Computational study on cilia transport of Prandtl nanofluid (blood-Fe3O4) enhancing convective heat transfer along microorganisms under electroosmotic effects in wavy capillaries,International Journal of Numerical Methods for Heat & Fluid Flow

当前位置： X-MOL 学术 › Int. J. Numer. Methods Heat Fluid Flow › 论文详情

Our official English website, www.x-mol.net, welcomes your feedback! (Note: you will need to create a separate account there.)
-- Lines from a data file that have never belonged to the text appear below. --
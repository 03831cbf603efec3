-- ===== src/Persistent/Header.antt =====
-- src/persistence.rs: the file collection.meta, which holds the configuration of a collection.
use mathlib.Core.Path.{ap₂}
use focal_vector.Base.{
  ℕ, ◌^◌, ◌<◌, ◌⊎◌, ◌≢◌, inl, inr, Bool-cases, true, Bool, not, ◌&&◌, ◌||◌, ◌≡◌, refl, ap, ◌∙◌, sym,
  Option, none, some, List, [], ◌∷◌, ◌++◌, length, take, drop, ◌==◌, if◌then◌else◌, arith,
  take-append, drop-append, length-append, subst, take_all,
}
use focal_vector.Outcome.{
  text, numbers, invalid_config, corrupt_storage, Result, ok, err, ◌>>=◌, ◌>>◌, reject_if,
}
use focal_vector.Bytes.{to_le_bytes, from_le_bytes, length-to_le_bytes, from_le-to_le}
use focal_vector.Crc.{crc32c, crc32c_range}
use focal_vector.Str.{str_eq, str_eq_iff}
use focal_vector.Metric.{Metric, cosine, dot_product, euclidean}
use focal_vector.Point.{CollectionConfig}

abbrev pub format_version : ℕ
format_version = 1

-- b"FVMT"
abbrev pub meta_magic : List ℕ
meta_magic = 0x46 ∷ 0x56 ∷ 0x4d ∷ 0x54 ∷ []

unfoldable pub metric_tag : Metric → ℕ
metric_tag cosine = 1
metric_tag dot_product = 2
metric_tag euclidean = 3

unfoldable pub parse_metric : ℕ → Result Metric
parse_metric tag =
    if tag == 1
    then ok cosine
    else if tag == 2
    then ok dot_product
    else if tag == 3
    then ok euclidean
    else err (corrupt_storage (numbers "unknown metric tag {tag}" (tag ∷ [])))

-- the bytes in front of the checksum
unfoldable pub metadata_body : CollectionConfig → List ℕ
unfolding metric_tag
metadata_body config =
    meta_magic ++ format_version ∷ metric_tag config.metric ∷ to_le_bytes 8 config.dimension

unfoldable pub encode_metadata : CollectionConfig → List ℕ
unfolding metadata_body
encode_metadata config = metadata_body config ++ to_le_bytes 4 (crc32c (metadata_body config))

-- `bytes[from..from + n]`, as a number
abbrev pub field : ℕ → ℕ → List ℕ → ℕ
field from n bytes = from_le_bytes (take n (drop from bytes))

-- A `usize` has 64 bits, and so the dimension always fits.
unfoldable pub decode_metadata : List ℕ → Result CollectionConfig
unfolding parse_metric
decode_metadata bytes = do
  reject_if
      (not (length bytes == 18)
        || not (str_eq (take 4 bytes) meta_magic)
        || not (field 4 1 bytes == format_version))
      (corrupt_storage (text "invalid collection metadata header"))
  reject_if (not (crc32c (take 14 bytes) == field 14 4 bytes))
      (corrupt_storage (text "collection metadata checksum mismatch"))
  metric ← parse_metric (field 5 1 bytes)
  reject_if (field 6 8 bytes == 0) (corrupt_storage (text "collection dimension must be non-zero"))
  ok (record { dimension = field 6 8 bytes; metric = metric })

-- `actual != config`
unfoldable pub same_config : CollectionConfig → CollectionConfig → Bool
unfolding metric_tag
same_config a b = (a.dimension == b.dimension) && (metric_tag a.metric == metric_tag b.metric)

-- The file, if there is one, and the file that is left.
unfoldable pub ensure_metadata : Option (List ℕ) → CollectionConfig → Result (List ℕ)
unfolding decode_metadata encode_metadata same_config
ensure_metadata none config = ok (encode_metadata config)
ensure_metadata (some bytes) config = do
  actual ← decode_metadata bytes
  reject_if (not (same_config actual config))
      (invalid_config (text "requested configuration differs from persisted collection"))
  ok bytes

parse-metric_tag : (metric : Metric) → parse_metric (metric_tag metric) ≡ ok metric
unfolding parse_metric metric_tag
parse-metric_tag cosine = refl
parse-metric_tag dot_product = refl
parse-metric_tag euclidean = refl

length-metadata_body : (config : CollectionConfig) → length (metadata_body config) ≡ 14
unfolding metadata_body
length-metadata_body config = omega (arith, length-to_le_bytes 8 config.dimension)

pub take_first : (n : ℕ) (xs ys : List ℕ) → length xs ≡ n → take n (xs ++ ys) ≡ xs
take_first n xs ys e = subst (λ k. take k (xs ++ ys) ≡ xs) e (take-append xs ys)

pub drop_first : (n : ℕ) (xs ys : List ℕ) → length xs ≡ n → drop n (xs ++ ys) ≡ ys
drop_first n xs ys e = subst (λ k. drop k (xs ++ ys) ≡ ys) e (drop-append xs ys)

pub from_le_one : (b : ℕ) → from_le_bytes (b ∷ []) ≡ b
unfolding from_le_bytes
from_le_one b = omega arith

-- Each field of the file, where the reader looks for it.
record IsLaidOut (config : CollectionConfig) (bytes : List ℕ) : Type 0 where
  whole : length bytes ≡ 18
  magic : take 4 bytes ≡ meta_magic
  version : field 4 1 bytes ≡ format_version
  checked : crc32c (take 14 bytes) ≡ field 14 4 bytes
  metric : field 5 1 bytes ≡ metric_tag config.metric
  dimension : field 6 8 bytes ≡ config.dimension

encode_metadata-IsLaidOut :
    (config : CollectionConfig)
    → config.dimension < 2 ^ 64
    → IsLaidOut config (encode_metadata config)
unfolding encode_metadata
encode_metadata-IsLaidOut config fits =
    let body = metadata_body config in
    let sum = to_le_bytes 4 (crc32c body) in
    record {
      whole =
          length-append body sum
          ∙ omega (arith, length-metadata_body config, length-to_le_bytes 4 (crc32c body));
      magic = unfold metadata_body in refl;
      version = unfold metadata_body in from_le_one format_version;
      checked =
          ap crc32c (take_first 14 body sum (length-metadata_body config))
          ∙ sym (from_le-to_le 4 (crc32c body) (crc32c_range body))
          ∙ ap from_le_bytes (
              sym (take_all 4 sum (omega (arith, length-to_le_bytes 4 (crc32c body))))
              ∙ ap (take 4) (sym (drop_first 14 body sum (length-metadata_body config))));
      metric = unfold metadata_body in from_le_one (metric_tag config.metric);
      dimension =
          unfold metadata_body in
          ap from_le_bytes (
            take_first 8 (to_le_bytes 8 config.dimension) sum
              (length-to_le_bytes 8 config.dimension))
          ∙ from_le-to_le 8 config.dimension (omega (arith, fits));
    }

decode-laid_out :
    (config : CollectionConfig) (bytes : List ℕ)
    → 0 < config.dimension
    → IsLaidOut config bytes
    → decode_metadata bytes ≡ ok config
unfolding decode_metadata
decode-laid_out config bytes pos h = ground (
  arith,
  h.whole,
  h.version,
  h.checked,
  h.dimension,
  (str_eq_iff (take 4 bytes) meta_magic).1 h.magic,
  ap parse_metric h.metric ∙ parse-metric_tag config.metric,
)

-- A configuration with a positive dimension of 64 bits is read back from the file that is written for
-- it.
pub decode-encode_metadata :
    (config : CollectionConfig)
    → 0 < config.dimension
    → config.dimension < 2 ^ 64
    → decode_metadata (encode_metadata config) ≡ ok config
decode-encode_metadata config pos fits =
    decode-laid_out config (encode_metadata config) pos (encode_metadata-IsLaidOut config fits)

metric_tag_injective : (a b : Metric) → metric_tag a ≡ metric_tag b → a ≡ b
unfolding metric_tag
metric_tag_injective cosine cosine e = refl
metric_tag_injective cosine dot_product e = absurd (omega (arith, e))
metric_tag_injective cosine euclidean e = absurd (omega (arith, e))
metric_tag_injective dot_product cosine e = absurd (omega (arith, e))
metric_tag_injective dot_product dot_product e = refl
metric_tag_injective dot_product euclidean e = absurd (omega (arith, e))
metric_tag_injective euclidean cosine e = absurd (omega (arith, e))
metric_tag_injective euclidean dot_product e = absurd (omega (arith, e))
metric_tag_injective euclidean euclidean e = refl

same_config_true : (a b : CollectionConfig) → same_config a b ≡ true → a ≡ b
unfolding same_config
same_config_true a b e =
    let metric = metric_tag_injective a.metric b.metric (ground (arith, e)) in
    let dimension : a.dimension ≡ b.dimension = ground (arith, e) in
    ap₂ (λ d m. record { dimension = d; metric = m }) dimension metric

same_config_refl : (a : CollectionConfig) → same_config a a ≡ true
unfolding same_config
same_config_refl a = ground arith

-- Opening a directory a second time keeps the file if the configuration is the one it was created
-- with, of a positive dimension of 64 bits, and is refused with any other.
pub ensure_metadata_twice :
    (config again : CollectionConfig)
    → 0 < config.dimension
    → config.dimension < 2 ^ 64
    → ((config ≡ again)
        × (ensure_metadata (some (encode_metadata config)) again ≡ ok (encode_metadata config)))
      ⊎ ((config ≢ again)
          × (ensure_metadata (some (encode_metadata config)) again
              ≡ err (
                  invalid_config
                    (text "requested configuration differs from persisted collection"))))
unfolding ensure_metadata
ensure_metadata_twice config again pos fits = elim (Bool-cases (same_config config again)) [
  | inl e ↦ inl (
    same_config_true config again e,
    rw (ensure_metadata, decode-encode_metadata config pos fits, e) refl,
  )
  | inr e ↦ inr (
    λ same.
        let kept = subst (λ x. same_config config x ≡ true) same (same_config_refl config) in
        absurd cc,
    rw (ensure_metadata, decode-encode_metadata config pos fits, e) refl,
  )
]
Computational study on cilia transport of Prandtl nanofluid (blood-Fe3O4) enhancing convective heat transfer along microorganisms under electroosmotic effects in wavy capillaries
International Journal of Numerical Methods for Heat & Fluid Flow ( IF 4.0 ) Pub Date : 2024-09-17 , DOI: 10.1108/hff-07-2024-0503
Madiha Ajmal, Rashid Mehmood, Noreen Sher Akbar, Taseer Muhammad

Purpose

This study aims to focuse on the flow behavior of a specific nanofluid composed of blood-based iron oxide nanoparticles, combined with motile gyrotactic microorganisms, in a ciliated channel with electroosmosis.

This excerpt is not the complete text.